• [TRY IT] Your answer should consist of each line below that contains the string "antt".

::: THE RECORDS

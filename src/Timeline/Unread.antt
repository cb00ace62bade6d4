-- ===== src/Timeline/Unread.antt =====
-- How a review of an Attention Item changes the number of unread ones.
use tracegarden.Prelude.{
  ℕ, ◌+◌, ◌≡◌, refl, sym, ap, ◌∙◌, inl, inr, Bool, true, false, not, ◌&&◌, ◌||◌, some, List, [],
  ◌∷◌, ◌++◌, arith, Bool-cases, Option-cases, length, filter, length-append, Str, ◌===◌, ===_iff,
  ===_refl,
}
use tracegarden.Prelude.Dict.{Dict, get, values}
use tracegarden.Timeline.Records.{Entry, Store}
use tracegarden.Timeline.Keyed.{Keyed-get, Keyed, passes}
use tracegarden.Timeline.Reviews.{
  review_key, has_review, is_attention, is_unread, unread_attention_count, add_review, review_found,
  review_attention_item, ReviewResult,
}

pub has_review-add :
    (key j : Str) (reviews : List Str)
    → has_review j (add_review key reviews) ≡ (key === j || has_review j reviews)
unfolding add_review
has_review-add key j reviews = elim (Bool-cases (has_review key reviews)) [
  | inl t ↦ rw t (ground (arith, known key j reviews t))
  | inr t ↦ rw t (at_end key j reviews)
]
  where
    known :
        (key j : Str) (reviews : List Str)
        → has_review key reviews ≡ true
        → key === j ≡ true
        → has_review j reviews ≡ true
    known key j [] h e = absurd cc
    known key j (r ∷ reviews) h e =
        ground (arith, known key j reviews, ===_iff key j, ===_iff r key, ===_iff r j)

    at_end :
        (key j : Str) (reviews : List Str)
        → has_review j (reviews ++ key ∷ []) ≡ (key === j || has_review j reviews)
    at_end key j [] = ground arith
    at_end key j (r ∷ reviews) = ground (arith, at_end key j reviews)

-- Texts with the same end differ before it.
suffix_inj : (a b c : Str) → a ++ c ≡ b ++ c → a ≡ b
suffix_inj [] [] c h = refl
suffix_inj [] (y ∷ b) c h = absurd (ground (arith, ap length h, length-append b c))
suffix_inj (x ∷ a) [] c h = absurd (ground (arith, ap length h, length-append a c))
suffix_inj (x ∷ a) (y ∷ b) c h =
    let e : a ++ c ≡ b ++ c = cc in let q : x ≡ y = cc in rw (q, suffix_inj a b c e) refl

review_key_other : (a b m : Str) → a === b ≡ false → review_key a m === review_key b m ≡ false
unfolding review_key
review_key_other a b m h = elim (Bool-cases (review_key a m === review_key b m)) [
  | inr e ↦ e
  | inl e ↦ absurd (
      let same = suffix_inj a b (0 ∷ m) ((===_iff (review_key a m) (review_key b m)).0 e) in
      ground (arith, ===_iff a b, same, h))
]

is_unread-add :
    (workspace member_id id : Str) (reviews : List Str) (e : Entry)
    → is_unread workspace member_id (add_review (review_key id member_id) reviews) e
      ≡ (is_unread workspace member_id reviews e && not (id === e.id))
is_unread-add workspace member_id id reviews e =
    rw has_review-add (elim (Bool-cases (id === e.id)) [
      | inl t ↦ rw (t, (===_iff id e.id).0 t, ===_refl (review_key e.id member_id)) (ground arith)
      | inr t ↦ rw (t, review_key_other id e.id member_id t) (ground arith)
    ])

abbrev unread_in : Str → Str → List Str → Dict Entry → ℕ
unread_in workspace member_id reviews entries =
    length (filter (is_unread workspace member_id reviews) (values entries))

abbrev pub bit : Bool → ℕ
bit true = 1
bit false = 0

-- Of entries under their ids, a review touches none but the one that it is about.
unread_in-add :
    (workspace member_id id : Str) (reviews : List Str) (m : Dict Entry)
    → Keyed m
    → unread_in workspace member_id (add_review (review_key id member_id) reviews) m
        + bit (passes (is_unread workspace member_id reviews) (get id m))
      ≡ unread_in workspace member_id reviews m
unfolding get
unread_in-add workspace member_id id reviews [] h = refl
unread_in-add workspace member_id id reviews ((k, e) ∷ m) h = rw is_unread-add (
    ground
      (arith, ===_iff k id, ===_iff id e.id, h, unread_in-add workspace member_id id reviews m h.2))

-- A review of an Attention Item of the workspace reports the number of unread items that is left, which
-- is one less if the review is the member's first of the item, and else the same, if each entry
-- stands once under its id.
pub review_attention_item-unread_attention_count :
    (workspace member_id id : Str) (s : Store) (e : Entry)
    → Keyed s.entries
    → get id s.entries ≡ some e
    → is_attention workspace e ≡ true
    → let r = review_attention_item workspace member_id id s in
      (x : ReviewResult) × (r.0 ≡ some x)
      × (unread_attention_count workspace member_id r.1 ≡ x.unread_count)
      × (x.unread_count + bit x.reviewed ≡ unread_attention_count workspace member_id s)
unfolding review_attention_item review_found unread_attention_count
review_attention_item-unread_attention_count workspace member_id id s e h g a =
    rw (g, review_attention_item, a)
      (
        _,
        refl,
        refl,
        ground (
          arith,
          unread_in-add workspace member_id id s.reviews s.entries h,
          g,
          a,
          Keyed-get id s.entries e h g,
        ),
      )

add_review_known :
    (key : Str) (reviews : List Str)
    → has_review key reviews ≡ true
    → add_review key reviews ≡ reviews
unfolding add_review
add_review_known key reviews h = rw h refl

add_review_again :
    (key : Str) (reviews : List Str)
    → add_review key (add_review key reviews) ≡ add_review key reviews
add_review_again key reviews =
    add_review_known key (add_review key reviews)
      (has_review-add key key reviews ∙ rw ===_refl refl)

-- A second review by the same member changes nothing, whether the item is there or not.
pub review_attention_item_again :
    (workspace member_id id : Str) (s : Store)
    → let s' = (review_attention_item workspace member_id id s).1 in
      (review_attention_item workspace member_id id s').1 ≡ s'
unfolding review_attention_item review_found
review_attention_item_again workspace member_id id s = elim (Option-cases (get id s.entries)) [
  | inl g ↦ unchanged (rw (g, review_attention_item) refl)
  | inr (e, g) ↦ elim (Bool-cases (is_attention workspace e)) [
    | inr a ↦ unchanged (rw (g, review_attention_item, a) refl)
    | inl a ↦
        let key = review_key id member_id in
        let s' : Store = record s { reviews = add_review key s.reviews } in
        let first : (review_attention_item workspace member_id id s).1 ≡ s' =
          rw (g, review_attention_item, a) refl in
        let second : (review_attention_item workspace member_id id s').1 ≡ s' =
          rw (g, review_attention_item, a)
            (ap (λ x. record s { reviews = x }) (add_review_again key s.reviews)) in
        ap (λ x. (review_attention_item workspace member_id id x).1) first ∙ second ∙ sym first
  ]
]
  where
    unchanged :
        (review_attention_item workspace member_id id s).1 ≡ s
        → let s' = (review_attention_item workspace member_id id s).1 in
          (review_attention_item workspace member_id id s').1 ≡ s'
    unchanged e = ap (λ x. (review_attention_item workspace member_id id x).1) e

::::::
::: THE RECORDS

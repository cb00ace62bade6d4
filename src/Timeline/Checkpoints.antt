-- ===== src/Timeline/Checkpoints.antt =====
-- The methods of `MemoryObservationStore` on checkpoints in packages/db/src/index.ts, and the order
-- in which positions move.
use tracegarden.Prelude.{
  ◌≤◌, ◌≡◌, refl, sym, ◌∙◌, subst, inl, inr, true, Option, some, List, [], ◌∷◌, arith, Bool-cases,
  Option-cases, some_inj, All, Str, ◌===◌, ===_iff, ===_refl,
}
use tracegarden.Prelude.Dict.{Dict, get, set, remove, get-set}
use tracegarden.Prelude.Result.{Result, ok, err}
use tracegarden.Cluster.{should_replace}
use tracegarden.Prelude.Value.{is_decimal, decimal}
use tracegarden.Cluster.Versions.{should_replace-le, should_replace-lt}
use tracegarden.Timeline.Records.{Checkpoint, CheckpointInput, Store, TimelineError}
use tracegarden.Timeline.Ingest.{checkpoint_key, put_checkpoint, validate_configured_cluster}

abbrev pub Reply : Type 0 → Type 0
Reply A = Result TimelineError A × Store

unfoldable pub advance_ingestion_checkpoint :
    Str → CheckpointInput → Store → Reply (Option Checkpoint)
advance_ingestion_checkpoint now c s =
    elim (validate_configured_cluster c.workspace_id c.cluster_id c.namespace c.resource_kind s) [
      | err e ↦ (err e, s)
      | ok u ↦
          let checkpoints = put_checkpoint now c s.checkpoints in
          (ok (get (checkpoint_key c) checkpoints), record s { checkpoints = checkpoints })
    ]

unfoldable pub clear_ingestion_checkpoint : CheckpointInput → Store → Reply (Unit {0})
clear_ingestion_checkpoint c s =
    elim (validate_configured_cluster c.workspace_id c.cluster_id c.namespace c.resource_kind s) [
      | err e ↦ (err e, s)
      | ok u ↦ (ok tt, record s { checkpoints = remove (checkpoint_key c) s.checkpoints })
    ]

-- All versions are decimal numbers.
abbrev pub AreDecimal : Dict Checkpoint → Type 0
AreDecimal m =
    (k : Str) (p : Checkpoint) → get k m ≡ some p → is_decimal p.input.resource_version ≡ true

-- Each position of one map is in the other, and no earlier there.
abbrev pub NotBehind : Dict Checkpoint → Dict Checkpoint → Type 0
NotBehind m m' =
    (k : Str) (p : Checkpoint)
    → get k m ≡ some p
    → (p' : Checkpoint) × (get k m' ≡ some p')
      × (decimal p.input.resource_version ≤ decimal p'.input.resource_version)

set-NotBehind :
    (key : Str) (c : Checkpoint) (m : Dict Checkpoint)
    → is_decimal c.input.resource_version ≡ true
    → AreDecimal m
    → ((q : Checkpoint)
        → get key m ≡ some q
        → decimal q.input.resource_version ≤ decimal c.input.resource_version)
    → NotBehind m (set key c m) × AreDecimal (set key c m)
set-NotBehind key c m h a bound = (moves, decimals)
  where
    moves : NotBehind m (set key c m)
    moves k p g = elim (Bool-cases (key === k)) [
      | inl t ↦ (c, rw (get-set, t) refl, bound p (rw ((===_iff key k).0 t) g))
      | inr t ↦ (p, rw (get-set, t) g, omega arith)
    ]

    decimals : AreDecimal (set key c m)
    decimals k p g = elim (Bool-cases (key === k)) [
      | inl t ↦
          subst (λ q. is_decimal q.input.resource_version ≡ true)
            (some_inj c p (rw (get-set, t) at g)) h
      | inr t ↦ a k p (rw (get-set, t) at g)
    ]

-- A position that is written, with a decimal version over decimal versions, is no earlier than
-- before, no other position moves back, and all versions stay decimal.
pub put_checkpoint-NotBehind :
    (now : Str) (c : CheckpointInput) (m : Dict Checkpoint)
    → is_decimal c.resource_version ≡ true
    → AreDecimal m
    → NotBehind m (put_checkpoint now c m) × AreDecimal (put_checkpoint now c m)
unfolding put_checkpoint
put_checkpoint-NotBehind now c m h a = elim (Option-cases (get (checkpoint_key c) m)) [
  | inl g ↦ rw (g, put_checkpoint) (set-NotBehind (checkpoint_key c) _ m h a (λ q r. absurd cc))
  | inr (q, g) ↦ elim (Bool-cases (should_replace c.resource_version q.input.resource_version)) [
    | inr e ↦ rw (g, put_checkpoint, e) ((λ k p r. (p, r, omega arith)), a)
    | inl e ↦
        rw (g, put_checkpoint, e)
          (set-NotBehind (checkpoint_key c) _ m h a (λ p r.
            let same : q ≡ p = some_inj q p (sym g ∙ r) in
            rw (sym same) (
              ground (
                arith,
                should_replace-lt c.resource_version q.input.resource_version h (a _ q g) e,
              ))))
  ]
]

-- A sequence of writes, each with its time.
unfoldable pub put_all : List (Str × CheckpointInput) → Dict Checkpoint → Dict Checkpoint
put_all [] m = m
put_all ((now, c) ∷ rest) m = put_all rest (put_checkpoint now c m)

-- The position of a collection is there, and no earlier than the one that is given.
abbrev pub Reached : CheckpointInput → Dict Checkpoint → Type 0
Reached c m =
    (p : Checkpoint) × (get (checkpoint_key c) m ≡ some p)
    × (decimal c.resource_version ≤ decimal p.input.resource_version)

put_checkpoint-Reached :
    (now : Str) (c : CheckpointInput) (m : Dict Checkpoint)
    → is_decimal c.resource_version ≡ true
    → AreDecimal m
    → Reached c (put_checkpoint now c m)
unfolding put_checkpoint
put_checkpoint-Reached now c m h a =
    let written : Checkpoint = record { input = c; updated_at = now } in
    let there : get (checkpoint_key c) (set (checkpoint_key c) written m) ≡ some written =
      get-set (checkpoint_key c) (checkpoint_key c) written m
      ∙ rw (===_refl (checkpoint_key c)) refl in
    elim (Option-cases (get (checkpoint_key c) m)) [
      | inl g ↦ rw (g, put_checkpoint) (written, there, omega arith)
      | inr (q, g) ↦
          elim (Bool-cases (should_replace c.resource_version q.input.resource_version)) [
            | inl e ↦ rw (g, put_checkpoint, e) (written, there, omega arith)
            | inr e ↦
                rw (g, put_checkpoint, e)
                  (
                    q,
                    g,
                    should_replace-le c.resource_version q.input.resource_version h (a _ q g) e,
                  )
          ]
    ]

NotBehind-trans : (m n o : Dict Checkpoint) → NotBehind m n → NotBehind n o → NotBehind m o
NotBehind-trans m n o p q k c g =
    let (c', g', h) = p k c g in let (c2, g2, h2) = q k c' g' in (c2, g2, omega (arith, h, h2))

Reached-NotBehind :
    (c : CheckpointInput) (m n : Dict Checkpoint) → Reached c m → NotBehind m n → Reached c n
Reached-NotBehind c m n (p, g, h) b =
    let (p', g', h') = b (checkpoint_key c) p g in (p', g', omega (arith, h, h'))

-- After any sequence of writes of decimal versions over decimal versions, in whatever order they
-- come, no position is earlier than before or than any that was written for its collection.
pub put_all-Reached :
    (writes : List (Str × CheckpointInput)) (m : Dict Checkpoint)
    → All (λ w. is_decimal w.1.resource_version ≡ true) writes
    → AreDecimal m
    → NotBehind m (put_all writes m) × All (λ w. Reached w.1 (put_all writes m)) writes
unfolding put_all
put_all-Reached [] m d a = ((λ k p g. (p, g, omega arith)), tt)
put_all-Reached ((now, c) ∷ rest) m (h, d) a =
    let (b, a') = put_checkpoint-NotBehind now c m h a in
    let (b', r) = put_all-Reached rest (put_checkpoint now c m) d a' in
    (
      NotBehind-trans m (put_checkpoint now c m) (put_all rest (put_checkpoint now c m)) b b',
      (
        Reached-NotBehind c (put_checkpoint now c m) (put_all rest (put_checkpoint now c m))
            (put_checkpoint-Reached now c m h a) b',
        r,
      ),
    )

::::::

• [ANSWER BOX]
filename src/Timeline/Unread.antt
-- ===== src/Timeline/Unread.antt =====
filename src/Timeline/Checkpoints.antt
-- ===== src/Timeline/Checkpoints.antt =====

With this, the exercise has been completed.